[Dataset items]
'''
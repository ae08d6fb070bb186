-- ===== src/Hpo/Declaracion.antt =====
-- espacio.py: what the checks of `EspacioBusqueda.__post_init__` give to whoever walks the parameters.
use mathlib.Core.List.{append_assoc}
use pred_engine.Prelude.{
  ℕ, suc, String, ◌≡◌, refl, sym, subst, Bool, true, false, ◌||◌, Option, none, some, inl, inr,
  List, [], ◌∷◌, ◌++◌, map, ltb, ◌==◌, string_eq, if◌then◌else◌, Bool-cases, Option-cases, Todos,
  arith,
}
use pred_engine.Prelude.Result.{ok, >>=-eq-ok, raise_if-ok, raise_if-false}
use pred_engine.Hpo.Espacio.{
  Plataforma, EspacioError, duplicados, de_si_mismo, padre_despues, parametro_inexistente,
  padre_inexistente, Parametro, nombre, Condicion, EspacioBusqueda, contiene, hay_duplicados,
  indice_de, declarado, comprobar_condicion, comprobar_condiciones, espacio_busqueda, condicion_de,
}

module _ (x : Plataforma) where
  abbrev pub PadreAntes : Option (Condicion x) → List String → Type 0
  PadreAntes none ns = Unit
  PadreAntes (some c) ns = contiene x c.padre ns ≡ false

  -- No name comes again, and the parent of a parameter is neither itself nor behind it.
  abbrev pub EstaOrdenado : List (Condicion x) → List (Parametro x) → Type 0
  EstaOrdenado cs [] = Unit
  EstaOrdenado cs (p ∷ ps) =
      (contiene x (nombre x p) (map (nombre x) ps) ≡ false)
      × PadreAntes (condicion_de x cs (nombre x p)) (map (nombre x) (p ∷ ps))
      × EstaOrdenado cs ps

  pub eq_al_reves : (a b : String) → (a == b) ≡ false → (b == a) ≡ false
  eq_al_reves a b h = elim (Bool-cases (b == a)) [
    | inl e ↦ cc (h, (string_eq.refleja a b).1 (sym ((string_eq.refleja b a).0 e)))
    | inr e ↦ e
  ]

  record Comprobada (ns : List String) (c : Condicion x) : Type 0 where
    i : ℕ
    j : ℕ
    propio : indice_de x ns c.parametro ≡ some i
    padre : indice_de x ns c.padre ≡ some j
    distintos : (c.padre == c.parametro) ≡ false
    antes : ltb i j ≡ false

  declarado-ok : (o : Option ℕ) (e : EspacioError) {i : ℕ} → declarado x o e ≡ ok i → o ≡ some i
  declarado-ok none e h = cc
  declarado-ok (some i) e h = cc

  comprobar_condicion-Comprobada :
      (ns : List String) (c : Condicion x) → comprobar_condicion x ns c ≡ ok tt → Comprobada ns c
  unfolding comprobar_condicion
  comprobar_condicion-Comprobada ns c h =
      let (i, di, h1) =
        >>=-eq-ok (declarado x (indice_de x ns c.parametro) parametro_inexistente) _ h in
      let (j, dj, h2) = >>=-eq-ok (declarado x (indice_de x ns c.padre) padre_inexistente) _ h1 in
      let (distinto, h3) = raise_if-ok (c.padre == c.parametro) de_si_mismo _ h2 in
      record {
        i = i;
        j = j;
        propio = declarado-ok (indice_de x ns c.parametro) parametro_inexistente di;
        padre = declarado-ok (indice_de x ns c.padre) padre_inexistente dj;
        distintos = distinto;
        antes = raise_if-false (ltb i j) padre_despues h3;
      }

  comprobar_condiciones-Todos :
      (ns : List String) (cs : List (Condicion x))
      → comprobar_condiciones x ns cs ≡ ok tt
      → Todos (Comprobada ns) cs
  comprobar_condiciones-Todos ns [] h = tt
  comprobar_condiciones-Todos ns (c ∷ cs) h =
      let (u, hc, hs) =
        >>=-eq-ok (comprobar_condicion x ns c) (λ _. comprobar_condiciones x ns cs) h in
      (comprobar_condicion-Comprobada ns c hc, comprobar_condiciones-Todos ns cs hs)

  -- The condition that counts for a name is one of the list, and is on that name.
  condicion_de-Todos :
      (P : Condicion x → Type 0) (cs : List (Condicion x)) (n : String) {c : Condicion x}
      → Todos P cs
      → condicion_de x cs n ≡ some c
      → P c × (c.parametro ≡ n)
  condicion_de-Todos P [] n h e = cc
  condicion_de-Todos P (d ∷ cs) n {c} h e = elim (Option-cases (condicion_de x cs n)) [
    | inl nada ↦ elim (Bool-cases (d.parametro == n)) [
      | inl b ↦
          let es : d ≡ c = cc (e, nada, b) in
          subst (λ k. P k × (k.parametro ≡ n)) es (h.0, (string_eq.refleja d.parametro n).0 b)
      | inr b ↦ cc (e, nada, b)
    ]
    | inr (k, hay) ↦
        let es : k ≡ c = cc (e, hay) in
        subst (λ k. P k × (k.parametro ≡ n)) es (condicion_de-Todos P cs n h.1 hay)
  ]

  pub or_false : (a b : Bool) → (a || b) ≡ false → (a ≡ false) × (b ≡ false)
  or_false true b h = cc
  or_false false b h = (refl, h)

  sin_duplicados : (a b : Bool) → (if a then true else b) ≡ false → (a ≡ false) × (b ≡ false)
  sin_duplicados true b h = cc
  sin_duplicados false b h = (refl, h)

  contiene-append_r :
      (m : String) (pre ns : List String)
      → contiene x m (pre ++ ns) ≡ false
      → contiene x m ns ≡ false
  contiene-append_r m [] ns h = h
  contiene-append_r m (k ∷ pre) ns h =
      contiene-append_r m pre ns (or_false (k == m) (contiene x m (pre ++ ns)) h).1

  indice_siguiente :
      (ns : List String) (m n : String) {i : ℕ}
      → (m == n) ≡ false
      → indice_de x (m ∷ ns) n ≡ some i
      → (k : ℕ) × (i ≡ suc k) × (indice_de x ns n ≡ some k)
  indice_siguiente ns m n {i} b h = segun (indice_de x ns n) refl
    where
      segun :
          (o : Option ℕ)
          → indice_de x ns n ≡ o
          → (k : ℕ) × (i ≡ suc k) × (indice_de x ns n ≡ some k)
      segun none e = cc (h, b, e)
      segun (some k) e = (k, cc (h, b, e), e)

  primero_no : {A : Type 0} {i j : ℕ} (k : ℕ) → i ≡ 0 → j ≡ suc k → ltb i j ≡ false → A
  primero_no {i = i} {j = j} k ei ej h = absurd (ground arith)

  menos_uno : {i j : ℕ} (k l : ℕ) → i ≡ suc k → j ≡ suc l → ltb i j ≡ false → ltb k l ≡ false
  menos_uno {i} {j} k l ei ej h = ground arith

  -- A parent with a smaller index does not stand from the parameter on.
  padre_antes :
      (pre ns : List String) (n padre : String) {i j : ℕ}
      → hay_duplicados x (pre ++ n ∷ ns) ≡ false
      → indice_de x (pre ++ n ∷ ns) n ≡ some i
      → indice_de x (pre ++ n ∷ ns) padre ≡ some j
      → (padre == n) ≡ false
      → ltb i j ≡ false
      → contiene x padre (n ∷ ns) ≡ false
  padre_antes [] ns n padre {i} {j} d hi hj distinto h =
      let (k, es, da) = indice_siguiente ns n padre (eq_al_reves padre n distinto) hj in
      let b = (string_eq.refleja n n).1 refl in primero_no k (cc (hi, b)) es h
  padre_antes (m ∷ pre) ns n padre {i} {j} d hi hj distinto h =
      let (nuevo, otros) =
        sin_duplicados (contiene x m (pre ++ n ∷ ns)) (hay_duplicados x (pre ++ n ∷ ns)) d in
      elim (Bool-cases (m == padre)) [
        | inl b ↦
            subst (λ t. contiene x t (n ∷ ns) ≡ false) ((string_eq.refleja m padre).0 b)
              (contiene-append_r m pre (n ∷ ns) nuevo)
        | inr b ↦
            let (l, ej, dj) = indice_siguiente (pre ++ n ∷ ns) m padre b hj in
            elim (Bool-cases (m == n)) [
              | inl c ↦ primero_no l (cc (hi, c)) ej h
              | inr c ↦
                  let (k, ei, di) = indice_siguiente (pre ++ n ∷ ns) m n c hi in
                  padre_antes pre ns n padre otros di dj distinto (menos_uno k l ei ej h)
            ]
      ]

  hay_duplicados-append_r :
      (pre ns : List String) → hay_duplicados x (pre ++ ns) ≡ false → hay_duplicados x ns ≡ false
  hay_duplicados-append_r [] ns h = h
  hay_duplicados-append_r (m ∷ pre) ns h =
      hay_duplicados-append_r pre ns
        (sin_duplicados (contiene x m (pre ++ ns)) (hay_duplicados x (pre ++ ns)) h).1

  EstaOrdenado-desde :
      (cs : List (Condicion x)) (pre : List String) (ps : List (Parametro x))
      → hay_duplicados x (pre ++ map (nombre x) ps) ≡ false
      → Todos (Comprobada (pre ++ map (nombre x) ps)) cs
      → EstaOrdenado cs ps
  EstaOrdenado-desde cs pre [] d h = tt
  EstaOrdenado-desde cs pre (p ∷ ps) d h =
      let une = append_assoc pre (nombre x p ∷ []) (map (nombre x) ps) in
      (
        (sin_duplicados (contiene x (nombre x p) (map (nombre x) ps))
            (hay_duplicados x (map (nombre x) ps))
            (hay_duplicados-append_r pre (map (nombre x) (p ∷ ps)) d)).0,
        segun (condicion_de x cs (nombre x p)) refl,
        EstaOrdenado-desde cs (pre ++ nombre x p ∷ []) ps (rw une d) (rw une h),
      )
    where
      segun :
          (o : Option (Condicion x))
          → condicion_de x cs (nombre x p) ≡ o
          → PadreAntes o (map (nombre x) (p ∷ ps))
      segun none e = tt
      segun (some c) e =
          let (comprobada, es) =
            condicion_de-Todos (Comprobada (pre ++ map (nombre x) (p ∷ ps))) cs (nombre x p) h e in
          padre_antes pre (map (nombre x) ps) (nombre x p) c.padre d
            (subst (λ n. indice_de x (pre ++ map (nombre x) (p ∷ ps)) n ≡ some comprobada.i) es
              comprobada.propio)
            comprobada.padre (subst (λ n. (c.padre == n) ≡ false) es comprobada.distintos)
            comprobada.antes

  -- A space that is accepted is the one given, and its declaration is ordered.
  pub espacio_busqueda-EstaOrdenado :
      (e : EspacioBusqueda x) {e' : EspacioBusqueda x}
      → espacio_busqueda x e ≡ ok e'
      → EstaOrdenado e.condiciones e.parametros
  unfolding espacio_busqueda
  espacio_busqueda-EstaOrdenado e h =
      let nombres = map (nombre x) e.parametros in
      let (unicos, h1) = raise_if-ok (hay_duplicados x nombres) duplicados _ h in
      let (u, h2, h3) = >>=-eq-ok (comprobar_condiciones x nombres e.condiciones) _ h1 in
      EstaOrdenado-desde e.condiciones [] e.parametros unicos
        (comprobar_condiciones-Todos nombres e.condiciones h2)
'''
• About this exercise: In your answer, include only the lines above starting at the line that holds "-- No name comes" and ending at the line that holds "declarado-ok (some i) e h = cc", copied exactly.

• Answer below:
  -- No name comes again, and the parent of a parameter is neither itself nor behind it.
  abbrev pub EstaOrdenado : List (Condicion x) → List (Parametro x) → Type 0
  EstaOrdenado cs [] = Unit
  EstaOrdenado cs (p ∷ ps) =
      (contiene x (nombre x p) (map (nombre x) ps) ≡ false)
      × PadreAntes (condicion_de x cs (nombre x p)) (map (nombre x) (p ∷ ps))
      × EstaOrdenado cs ps

  pub eq_al_reves : (a b : String) → (a == b) ≡ false → (b == a) ≡ false
  eq_al_reves a b h = elim (Bool-cases (b == a)) [
    | inl e ↦ cc (h, (string_eq.refleja a b).1 (sym ((string_eq.refleja b a).0 e)))
    | inr e ↦ e
  ]

  record Comprobada (ns : List String) (c : Condicion x) : Type 0 where
    i : ℕ
    j : ℕ
    propio : indice_de x ns c.parametro ≡ some i
    padre : indice_de x ns c.padre ≡ some j
    distintos : (c.padre == c.parametro) ≡ false
    antes : ltb i j ≡ false

  declarado-ok : (o : Option ℕ) (e : EspacioError) {i : ℕ} → declarado x o e ≡ ok i → o ≡ some i
  declarado-ok none e h = cc
  declarado-ok (some i) e h = cc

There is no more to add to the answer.